__Task details__. Beneath this line is the data. Output exactly the lines from the line with "after p q (send" to the line with "front_sent ps (done _ h) = done (sent ∷ ps) h", both ends included, and nothing more.

━━━━━━

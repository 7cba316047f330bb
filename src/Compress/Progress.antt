-- ===== src/Compress/Progress.antt =====
-- The moves that are left to the parallel writer of src/internal/compress/compress.go.
use db_backup.Base.{
  ℕ, zero, suc, ◌+◌, ◌<◌, ◌≡◌, refl, sym, ap, subst, Bool, true, List, [], ◌∷◌, ◌++◌, Option, Bytes,
  length, length-append, arith, ◌⊎◌, inl, inr, ltb, ltb→lt, Bool-cases,
}
use db_backup.Compress.Collector.{ChunkResult, Collector}
use db_backup.Compress.Workers.{
  Phase, unborn, waiting, encoding, ready, sent, Pipeline, thread_count, outcome, Move, acquire,
  release, send, Next, submits, moves, receives, Reached, all_born, all_sent, IsFinished,
}
use db_backup.Compress.Counts.{encoders, encoders-append}
use db_backup.Compress.Close.{written_in_order}

-- The moves that a goroutine has before it, its result's way through the channel included.
unfoldable pub moves_left : List Phase → ℕ
moves_left [] = 0
moves_left (unborn ∷ ps) = 5 + moves_left ps
moves_left (waiting ∷ ps) = 4 + moves_left ps
moves_left (encoding ∷ ps) = 3 + moves_left ps
moves_left (ready ∷ ps) = 2 + moves_left ps
moves_left (sent ∷ ps) = moves_left ps

unfoldable pub work_left : Pipeline → ℕ
unfolding moves_left
work_left s = moves_left s.workers + length s.results

moves_left-append : (xs ys : List Phase) → moves_left (xs ++ ys) ≡ moves_left xs + moves_left ys
unfolding moves_left
moves_left-append [] ys = omega arith
moves_left-append (unborn ∷ xs) ys = omega (arith, moves_left-append xs ys)
moves_left-append (waiting ∷ xs) ys = omega (arith, moves_left-append xs ys)
moves_left-append (encoding ∷ xs) ys = omega (arith, moves_left-append xs ys)
moves_left-append (ready ∷ xs) ys = omega (arith, moves_left-append xs ys)
moves_left-append (sent ∷ xs) ys = omega (arith, moves_left-append xs ys)

move_less :
    (threads seq n m : ℕ) (r : Option Bytes) (c d : List ChunkResult) (before after : List Phase)
    (p q : Phase)
    → Move threads seq r p n c q m d
    → moves_left (before ++ q ∷ after) + length d < moves_left (before ++ p ∷ after) + length c
unfolding moves_left
move_less threads seq n m r c d before after p q (acquire _ _ h) =
    omega (
      arith,
      moves_left-append before (waiting ∷ after),
      moves_left-append before (encoding ∷ after),
    )
move_less threads seq n m r c d before after p q (release _ _) =
    omega
      (arith, moves_left-append before (encoding ∷ after), moves_left-append before (ready ∷ after))
move_less threads seq n m r c d before after p q (send _ _ h) = omega (
  arith,
  moves_left-append before (ready ∷ after),
  moves_left-append before (sent ∷ after),
  length-append c (record { seq = seq; buf = r } ∷ []),
)

-- Every move of the parallel writer leaves less work to do.
pub Next-work_left :
    (threads : ℕ) (e : ℕ → Option Bytes) (accepts : List Bytes → Bytes → Bool) (s t : Pipeline)
    → Next threads e accepts s t
    → work_left t < work_left s
unfolding work_left
Next-work_left threads e accepts s t (submits n c col before after h) =
    omega
      (arith, moves_left-append before (unborn ∷ after), moves_left-append before (waiting ∷ after))
Next-work_left threads e accepts s t (moves n m c d col before after p q mv) =
    move_less threads (length before) n m (e (length before)) c d before after p q mv
Next-work_left threads e accepts s t (receives n r c col ps) = omega arith

-- Where the workers stand: all have sent, or the first that has not, behind those that have.
data Front : List Phase → Type 0 where
  done : (ps : List Phase) → all_sent ps ≡ true → Front ps
  at :
      (before after : List Phase) (p : Phase)
      → all_born before ≡ true
      → (p ≡ sent → ⊥)
      → Front (before ++ p ∷ after)

front_sent : (ps : List Phase) → Front ps → Front (sent ∷ ps)
unfolding all_born all_sent
front_sent ps (done _ h) = done (sent ∷ ps) h
front_sent ps (at before after p h n) = at (sent ∷ before) after p h n

front : (ps : List Phase) → Front ps
unfolding all_sent all_born
front [] = done [] refl
front (sent ∷ ps) = front_sent ps (front ps)
front (unborn ∷ ps) = at [] ps unborn refl (λ e. cc)
front (waiting ∷ ps) = at [] ps waiting refl (λ e. cc)
front (encoding ∷ ps) = at [] ps encoding refl (λ e. cc)
front (ready ∷ ps) = at [] ps ready refl (λ e. cc)

-- A goroutine that encodes, where there is one.
record Encoder (ps : List Phase) : Type 0 where
  before : List Phase
  after : List Phase
  whole : ps ≡ before ++ encoding ∷ after

behind_another : (p : Phase) (ps : List Phase) → Encoder ps → Encoder (p ∷ ps)
behind_another p ps h = record {
  before = p ∷ h.before;
  after = h.after;
  whole = ap (λ t. p ∷ t) h.whole;
}

token_holder : (ps : List Phase) → 0 < encoders ps → Encoder ps
unfolding encoders
token_holder [] h = elim h [ ]
token_holder (encoding ∷ ps) h = record { before = []; after = ps; whole = refl }
token_holder (unborn ∷ ps) h = behind_another unborn ps (token_holder ps h)
token_holder (waiting ∷ ps) h = behind_another waiting ps (token_holder ps h)
token_holder (ready ∷ ps) h = behind_another ready ps (token_holder ps h)
token_holder (sent ∷ ps) h = behind_another sent ps (token_holder ps h)

module _ (threads : ℕ) (e : ℕ → Option Bytes) (accepts : List Bytes → Bytes → Bool) where
  abbrev at_state : ℕ → List ChunkResult → List Phase → Collector → Pipeline
  at_state n c ps col = record { slots = n; results = c; workers = ps; collector = col }

  -- Some move is possible.
  abbrev CanMove : Pipeline → Type 0
  CanMove s = (t : Pipeline) × Next threads e accepts s t

  give_back :
      (n : ℕ) (c : List ChunkResult) (ps : List Phase) (col : Collector)
      → 0 < n
      → Encoder ps
      → CanMove (at_state n c ps col)
  give_back zero c ps col h k = elim h [ ]
  give_back (suc n) c ps col h k =
      subst (λ l. CanMove (at_state (suc n) c l col)) (sym k.whole)
        (_, moves (suc n) n c c col k.before k.after encoding ready (release n c))

  encoding_moves :
      (n : ℕ) (before after : List Phase) (col : Collector)
      → n ≡ encoders (before ++ encoding ∷ after)
      → CanMove (at_state n [] (before ++ encoding ∷ after) col)
  unfolding encoders
  encoding_moves n before after col h =
      give_back n [] (before ++ encoding ∷ after) col
        (omega (arith, h, encoders-append before (encoding ∷ after)))
        (record { before = before; after = after; whole = refl })

  waiting_moves :
      (n : ℕ) (before after : List Phase) (col : Collector)
      → n ≡ encoders (before ++ waiting ∷ after)
      → CanMove (at_state n [] (before ++ waiting ∷ after) col)
  waiting_moves n before after col h = elim (Bool-cases (ltb n (thread_count threads))) [
    | inl l ↦
        (_, moves n (suc n) [] [] col before after waiting encoding (acquire n [] (ltb→lt _ _ l)))
    | inr l ↦
        let some_token : 0 < n = ground (arith, l) in
        give_back n [] (before ++ waiting ∷ after) col some_token
          (token_holder (before ++ waiting ∷ after) (omega (arith, h, some_token)))
  ]

  front_moves :
      (n : ℕ) (before after : List Phase) (p : Phase) (col : Collector)
      → all_born before ≡ true
      → (p ≡ sent → ⊥)
      → n ≡ encoders (before ++ p ∷ after)
      → CanMove (at_state n [] (before ++ p ∷ after) col)
  front_moves n before after unborn col b ns h = (_, submits n [] col before after b)
  front_moves n before after waiting col b ns h = waiting_moves n before after col h
  front_moves n before after encoding col b ns h = encoding_moves n before after col h
  front_moves n before after ready col b ns h =
      (_, moves n n [] _ col before after ready sent (send n [] (ground arith)))
  front_moves n before after sent col b ns h = absurd (ns refl)

  idle_or_busy :
      (n : ℕ) (ps : List Phase) (col : Collector)
      → Front ps
      → n ≡ encoders ps
      → IsFinished (at_state n [] ps col) ⊎ CanMove (at_state n [] ps col)
  idle_or_busy n ps col (done _ h) e = inl (h, refl)
  idle_or_busy n ps col (at before after p b ns) e = inr (front_moves n before after p col b ns e)

  ends_or_moves :
      (n : ℕ) (c : List ChunkResult) (ps : List Phase) (col : Collector)
      → n ≡ encoders ps
      → IsFinished (at_state n c ps col) ⊎ CanMove (at_state n c ps col)
  ends_or_moves n [] ps col e = idle_or_busy n ps col (front ps) e
  ends_or_moves n (r ∷ c) ps col e = inr (_, receives n r c col ps)

-- However the goroutines have taken turns, either `Close` returns or some goroutine or the collector
-- can move, and every move leaves less work, so the writer neither blocks for good nor runs on for
-- ever.
pub close_ends :
    (threads : ℕ) (encode : Bytes → Option Bytes) (accepts : List Bytes → Bytes → Bool)
    (segs : List Bytes) (s : Pipeline)
    → Reached threads encode accepts segs s
    → (IsFinished s ⊎ ((t : Pipeline) × Next threads (outcome encode segs) accepts s t))
      × ((t : Pipeline)
          → Next threads (outcome encode segs) accepts s t
          → work_left t < work_left s)
close_ends threads encode accepts segs s r = (
  ends_or_moves threads (outcome encode segs) accepts s.slots s.results s.workers s.collector
      (written_in_order threads encode accepts segs s r).0,
  λ t h. Next-work_left threads (outcome encode segs) accepts s t h,
)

━━━━━━

__Result of the exercise__.
move_less threads seq n m r c d before after p q (send _ _ h) = omega (
  arith,
  moves_left-append before (ready ∷ after),
  moves_left-append before (sent ∷ after),
  length-append c (record { seq = seq; buf = r } ∷ []),
)

-- Every move of the parallel writer leaves less work to do.
pub Next-work_left :
    (threads : ℕ) (e : ℕ → Option Bytes) (accepts : List Bytes → Bytes → Bool) (s t : Pipeline)
    → Next threads e accepts s t
    → work_left t < work_left s
unfolding work_left
Next-work_left threads e accepts s t (submits n c col before after h) =
    omega
      (arith, moves_left-append before (unborn ∷ after), moves_left-append before (waiting ∷ after))
Next-work_left threads e accepts s t (moves n m c d col before after p q mv) =
    move_less threads (length before) n m (e (length before)) c d before after p q mv
Next-work_left threads e accepts s t (receives n r c col ps) = omega arith

-- Where the workers stand: all have sent, or the first that has not, behind those that have.
data Front : List Phase → Type 0 where
  done : (ps : List Phase) → all_sent ps ≡ true → Front ps
  at :
      (before after : List Phase) (p : Phase)
      → all_born before ≡ true
      → (p ≡ sent → ⊥)
      → Front (before ++ p ∷ after)

front_sent : (ps : List Phase) → Front ps → Front (sent ∷ ps)
unfolding all_born all_sent
front_sent ps (done _ h) = done (sent ∷ ps) h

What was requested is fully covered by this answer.